== Input material
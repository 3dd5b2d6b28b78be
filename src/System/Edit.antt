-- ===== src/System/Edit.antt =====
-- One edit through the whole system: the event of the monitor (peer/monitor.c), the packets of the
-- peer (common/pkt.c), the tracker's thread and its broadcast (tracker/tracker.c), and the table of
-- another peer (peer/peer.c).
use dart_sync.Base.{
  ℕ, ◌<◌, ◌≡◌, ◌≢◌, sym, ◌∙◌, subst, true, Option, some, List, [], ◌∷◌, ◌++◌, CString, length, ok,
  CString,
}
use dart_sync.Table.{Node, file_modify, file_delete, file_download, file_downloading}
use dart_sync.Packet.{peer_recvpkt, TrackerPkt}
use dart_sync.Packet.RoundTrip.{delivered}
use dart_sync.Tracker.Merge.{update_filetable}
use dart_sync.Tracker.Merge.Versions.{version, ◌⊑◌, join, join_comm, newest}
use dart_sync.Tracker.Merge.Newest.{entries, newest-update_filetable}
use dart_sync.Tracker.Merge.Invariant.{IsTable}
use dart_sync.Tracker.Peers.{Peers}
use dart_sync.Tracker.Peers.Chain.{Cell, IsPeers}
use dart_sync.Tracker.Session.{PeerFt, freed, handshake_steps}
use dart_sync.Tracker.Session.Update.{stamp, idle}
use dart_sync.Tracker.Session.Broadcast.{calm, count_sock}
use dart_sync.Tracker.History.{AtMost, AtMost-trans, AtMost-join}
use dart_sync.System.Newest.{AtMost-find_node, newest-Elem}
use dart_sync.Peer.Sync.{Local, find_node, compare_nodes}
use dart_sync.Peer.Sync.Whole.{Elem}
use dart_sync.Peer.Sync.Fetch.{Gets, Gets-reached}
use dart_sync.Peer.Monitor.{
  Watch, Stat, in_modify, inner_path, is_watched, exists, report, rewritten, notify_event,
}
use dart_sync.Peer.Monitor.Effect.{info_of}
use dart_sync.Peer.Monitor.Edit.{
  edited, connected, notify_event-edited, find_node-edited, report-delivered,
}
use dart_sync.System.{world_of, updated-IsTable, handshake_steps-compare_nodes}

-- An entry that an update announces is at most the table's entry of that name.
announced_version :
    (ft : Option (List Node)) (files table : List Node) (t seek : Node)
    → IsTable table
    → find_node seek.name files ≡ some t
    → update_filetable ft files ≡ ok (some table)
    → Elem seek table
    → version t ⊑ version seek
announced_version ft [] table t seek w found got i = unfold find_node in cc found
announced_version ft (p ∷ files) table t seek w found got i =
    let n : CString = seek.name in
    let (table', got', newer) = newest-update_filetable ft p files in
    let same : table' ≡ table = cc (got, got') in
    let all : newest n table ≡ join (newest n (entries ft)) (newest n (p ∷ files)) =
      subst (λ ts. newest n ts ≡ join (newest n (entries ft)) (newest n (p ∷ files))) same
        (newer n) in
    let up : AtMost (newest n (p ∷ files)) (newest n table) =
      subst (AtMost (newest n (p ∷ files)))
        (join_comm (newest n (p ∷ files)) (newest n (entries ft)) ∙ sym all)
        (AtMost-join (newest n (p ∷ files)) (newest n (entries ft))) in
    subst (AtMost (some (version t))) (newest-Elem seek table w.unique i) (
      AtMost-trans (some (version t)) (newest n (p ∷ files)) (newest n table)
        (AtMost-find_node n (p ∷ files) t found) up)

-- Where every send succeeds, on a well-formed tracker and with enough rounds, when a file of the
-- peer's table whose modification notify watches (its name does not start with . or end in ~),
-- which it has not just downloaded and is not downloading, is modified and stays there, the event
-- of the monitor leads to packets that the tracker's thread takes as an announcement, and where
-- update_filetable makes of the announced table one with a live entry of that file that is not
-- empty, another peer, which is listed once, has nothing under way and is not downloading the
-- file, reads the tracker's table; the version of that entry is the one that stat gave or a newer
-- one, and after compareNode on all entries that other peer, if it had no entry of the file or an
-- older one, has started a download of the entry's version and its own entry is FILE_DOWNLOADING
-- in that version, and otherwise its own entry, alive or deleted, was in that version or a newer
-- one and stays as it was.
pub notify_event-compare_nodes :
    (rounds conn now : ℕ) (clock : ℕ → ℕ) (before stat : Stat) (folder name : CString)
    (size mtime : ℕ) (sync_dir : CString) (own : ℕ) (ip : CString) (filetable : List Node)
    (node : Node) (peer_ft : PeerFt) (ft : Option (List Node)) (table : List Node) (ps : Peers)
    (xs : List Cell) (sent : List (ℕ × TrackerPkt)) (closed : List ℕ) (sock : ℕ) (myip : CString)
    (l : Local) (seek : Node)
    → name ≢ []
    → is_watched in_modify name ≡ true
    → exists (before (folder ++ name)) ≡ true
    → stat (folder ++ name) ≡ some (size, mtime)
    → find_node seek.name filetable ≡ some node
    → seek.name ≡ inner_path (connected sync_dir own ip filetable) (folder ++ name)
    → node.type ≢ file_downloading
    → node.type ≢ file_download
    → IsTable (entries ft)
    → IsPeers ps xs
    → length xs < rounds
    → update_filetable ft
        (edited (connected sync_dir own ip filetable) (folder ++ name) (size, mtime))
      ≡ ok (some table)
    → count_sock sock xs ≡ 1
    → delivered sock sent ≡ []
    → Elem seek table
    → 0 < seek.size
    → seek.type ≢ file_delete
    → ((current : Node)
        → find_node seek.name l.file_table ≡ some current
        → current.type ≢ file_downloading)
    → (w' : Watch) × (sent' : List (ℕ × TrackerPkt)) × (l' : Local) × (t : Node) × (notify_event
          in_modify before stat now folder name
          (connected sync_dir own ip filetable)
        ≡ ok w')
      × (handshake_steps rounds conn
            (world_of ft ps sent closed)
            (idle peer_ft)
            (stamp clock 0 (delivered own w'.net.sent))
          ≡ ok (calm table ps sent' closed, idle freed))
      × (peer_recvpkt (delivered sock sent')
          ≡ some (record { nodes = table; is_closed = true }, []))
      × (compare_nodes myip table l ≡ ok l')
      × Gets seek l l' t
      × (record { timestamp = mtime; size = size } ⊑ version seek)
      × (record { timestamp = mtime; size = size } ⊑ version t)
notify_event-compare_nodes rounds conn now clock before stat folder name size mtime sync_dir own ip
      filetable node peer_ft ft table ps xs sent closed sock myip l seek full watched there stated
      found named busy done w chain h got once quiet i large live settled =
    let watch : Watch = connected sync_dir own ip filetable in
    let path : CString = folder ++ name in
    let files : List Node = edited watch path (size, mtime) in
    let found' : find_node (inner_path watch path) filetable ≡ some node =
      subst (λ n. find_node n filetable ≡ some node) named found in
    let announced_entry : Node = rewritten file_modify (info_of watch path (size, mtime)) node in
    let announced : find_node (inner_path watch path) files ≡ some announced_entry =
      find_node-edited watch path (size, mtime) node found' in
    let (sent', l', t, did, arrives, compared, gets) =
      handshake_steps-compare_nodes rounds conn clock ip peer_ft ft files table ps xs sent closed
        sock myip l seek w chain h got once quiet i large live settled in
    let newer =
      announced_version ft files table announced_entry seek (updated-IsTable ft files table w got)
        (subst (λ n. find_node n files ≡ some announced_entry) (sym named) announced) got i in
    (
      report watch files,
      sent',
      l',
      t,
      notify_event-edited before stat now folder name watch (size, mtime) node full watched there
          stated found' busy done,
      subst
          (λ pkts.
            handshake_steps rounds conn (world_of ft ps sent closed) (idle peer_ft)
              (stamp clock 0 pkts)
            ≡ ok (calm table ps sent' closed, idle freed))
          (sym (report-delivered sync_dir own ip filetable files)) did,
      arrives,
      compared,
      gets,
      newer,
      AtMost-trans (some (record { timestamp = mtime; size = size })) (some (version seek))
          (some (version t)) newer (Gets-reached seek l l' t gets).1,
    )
====
# Work to be completed
Each record needs to be duplicated exactly.

# Written reply
repository 3dd5b2d6b28b78be
filename src/System/Edit.antt
-- ===== src/System/Edit.antt =====
-- One edit through the whole system: the event of the monitor (peer/monitor.c), the packets of the
-- peer (common/pkt.c), the tracker's thread and its broadcast (tracker/tracker.c), and the table of
-- another peer (peer/peer.c).
use dart_sync.Base.{
  ℕ, ◌<◌, ◌≡◌, ◌≢◌, sym, ◌∙◌, subst, true, Option, some, List, [], ◌∷◌, ◌++◌, CString, length, ok,
  CString,
}
use dart_sync.Table.{Node, file_modify, file_delete, file_download, file_downloading}
use dart_sync.Packet.{peer_recvpkt, TrackerPkt}
use dart_sync.Packet.RoundTrip.{delivered}
use dart_sync.Tracker.Merge.{update_filetable}
use dart_sync.Tracker.Merge.Versions.{version, ◌⊑◌, join, join_comm, newest}
use dart_sync.Tracker.Merge.Newest.{entries, newest-update_filetable}
use dart_sync.Tracker.Merge.Invariant.{IsTable}
use dart_sync.Tracker.Peers.{Peers}
use dart_sync.Tracker.Peers.Chain.{Cell, IsPeers}
use dart_sync.Tracker.Session.{PeerFt, freed, handshake_steps}
use dart_sync.Tracker.Session.Update.{stamp, idle}
use dart_sync.Tracker.Session.Broadcast.{calm, count_sock}
use dart_sync.Tracker.History.{AtMost, AtMost-trans, AtMost-join}
use dart_sync.System.Newest.{AtMost-find_node, newest-Elem}
use dart_sync.Peer.Sync.{Local, find_node, compare_nodes}
use dart_sync.Peer.Sync.Whole.{Elem}
use dart_sync.Peer.Sync.Fetch.{Gets, Gets-reached}
use dart_sync.Peer.Monitor.{
  Watch, Stat, in_modify, inner_path, is_watched, exists, report, rewritten, notify_event,
}
use dart_sync.Peer.Monitor.Effect.{info_of}
use dart_sync.Peer.Monitor.Edit.{
  edited, connected, notify_event-edited, find_node-edited, report-delivered,
}
use dart_sync.System.{world_of, updated-IsTable, handshake_steps-compare_nodes}

-- An entry that an update announces is at most the table's entry of that name.
announced_version :
    (ft : Option (List Node)) (files table : List Node) (t seek : Node)
    → IsTable table
    → find_node seek.name files ≡ some t
    → update_filetable ft files ≡ ok (some table)
    → Elem seek table
    → version t ⊑ version seek
announced_version ft [] table t seek w found got i = unfold find_node in cc found
announced_version ft (p ∷ files) table t seek w found got i =
    let n : CString = seek.name in
    let (table', got', newer) = newest-update_filetable ft p files in
    let same : table' ≡ table = cc (got, got') in
    let all : newest n table ≡ join (newest n (entries ft)) (newest n (p ∷ files)) =
      subst (λ ts. newest n ts ≡ join (newest n (entries ft)) (newest n (p ∷ files))) same
        (newer n) in
    let up : AtMost (newest n (p ∷ files)) (newest n table) =
      subst (AtMost (newest n (p ∷ files)))
        (join_comm (newest n (p ∷ files)) (newest n (entries ft)) ∙ sym all)
        (AtMost-join (newest n (p ∷ files)) (newest n (entries ft))) in
    subst (AtMost (some (version t))) (newest-Elem seek table w.unique i) (
      AtMost-trans (some (version t)) (newest n (p ∷ files)) (newest n table)
        (AtMost-find_node n (p ∷ files) t found) up)

-- Where every send succeeds, on a well-formed tracker and with enough rounds, when a file of the
-- peer's table whose modification notify watches (its name does not start with . or end in ~),
-- which it has not just downloaded and is not downloading, is modified and stays there, the event
-- of the monitor leads to packets that the tracker's thread takes as an announcement, and where
-- update_filetable makes of the announced table one with a live entry of that file that is not
-- empty, another peer, which is listed once, has nothing under way and is not downloading the
-- file, reads the tracker's table; the version of that entry is the one that stat gave or a newer
-- one, and after compareNode on all entries that other peer, if it had no entry of the file or an
-- older one, has started a download of the entry's version and its own entry is FILE_DOWNLOADING
-- in that version, and otherwise its own entry, alive or deleted, was in that version or a newer
-- one and stays as it was.
pub notify_event-compare_nodes :
    (rounds conn now : ℕ) (clock : ℕ → ℕ) (before stat : Stat) (folder name : CString)
    (size mtime : ℕ) (sync_dir : CString) (own : ℕ) (ip : CString) (filetable : List Node)
    (node : Node) (peer_ft : PeerFt) (ft : Option (List Node)) (table : List Node) (ps : Peers)
    (xs : List Cell) (sent : List (ℕ × TrackerPkt)) (closed : List ℕ) (sock : ℕ) (myip : CString)
    (l : Local) (seek : Node)
    → name ≢ []
    → is_watched in_modify name ≡ true
    → exists (before (folder ++ name)) ≡ true
    → stat (folder ++ name) ≡ some (size, mtime)
    → find_node seek.name filetable ≡ some node
    → seek.name ≡ inner_path (connected sync_dir own ip filetable) (folder ++ name)
    → node.type ≢ file_downloading
    → node.type ≢ file_download
    → IsTable (entries ft)
    → IsPeers ps xs
    → length xs < rounds
    → update_filetable ft
        (edited (connected sync_dir own ip filetable) (folder ++ name) (size, mtime))
      ≡ ok (some table)
    → count_sock sock xs ≡ 1
    → delivered sock sent ≡ []
    → Elem seek table
    → 0 < seek.size
    → seek.type ≢ file_delete
    → ((current : Node)
        → find_node seek.name l.file_table ≡ some current
        → current.type ≢ file_downloading)
    → (w' : Watch) × (sent' : List (ℕ × TrackerPkt)) × (l' : Local) × (t : Node) × (notify_event
          in_modify before stat now folder name
          (connected sync_dir own ip filetable)
        ≡ ok w')
      × (handshake_steps rounds conn
            (world_of ft ps sent closed)
            (idle peer_ft)
            (stamp clock 0 (delivered own w'.net.sent))
          ≡ ok (calm table ps sent' closed, idle freed))
      × (peer_recvpkt (delivered sock sent')
          ≡ some (record { nodes = table; is_closed = true }, []))
      × (compare_nodes myip table l ≡ ok l')
      × Gets seek l l' t
      × (record { timestamp = mtime; size = size } ⊑ version seek)
      × (record { timestamp = mtime; size = size } ⊑ version t)
notify_event-compare_nodes rounds conn now clock before stat folder name size mtime sync_dir own ip
      filetable node peer_ft ft table ps xs sent closed sock myip l seek full watched there stated
      found named busy done w chain h got once quiet i large live settled =
    let watch : Watch = connected sync_dir own ip filetable in
    let path : CString = folder ++ name in
    let files : List Node = edited watch path (size, mtime) in
    let found' : find_node (inner_path watch path) filetable ≡ some node =
      subst (λ n. find_node n filetable ≡ some node) named found in
    let announced_entry : Node = rewritten file_modify (info_of watch path (size, mtime)) node in
    let announced : find_node (inner_path watch path) files ≡ some announced_entry =
      find_node-edited watch path (size, mtime) node found' in
    let (sent', l', t, did, arrives, compared, gets) =
      handshake_steps-compare_nodes rounds conn clock ip peer_ft ft files table ps xs sent closed
        sock myip l seek w chain h got once quiet i large live settled in
    let newer =
      announced_version ft files table announced_entry seek (updated-IsTable ft files table w got)
        (subst (λ n. find_node n files ≡ some announced_entry) (sym named) announced) got i in
    (
      report watch files,
      sent',
      l',
      t,
      notify_event-edited before stat now folder name watch (size, mtime) node full watched there
          stated found' busy done,
      subst
          (λ pkts.
            handshake_steps rounds conn (world_of ft ps sent closed) (idle peer_ft)
              (stamp clock 0 pkts)
            ≡ ok (calm table ps sent' closed, idle freed))
          (sym (report-delivered sync_dir own ip filetable files)) did,
      arrives,
      compared,
      gets,
      newer,
      AtMost-trans (some (record { timestamp = mtime; size = size })) (some (version seek))
          (some (version t)) newer (Gets-reached seek l l' t gets).1,
    )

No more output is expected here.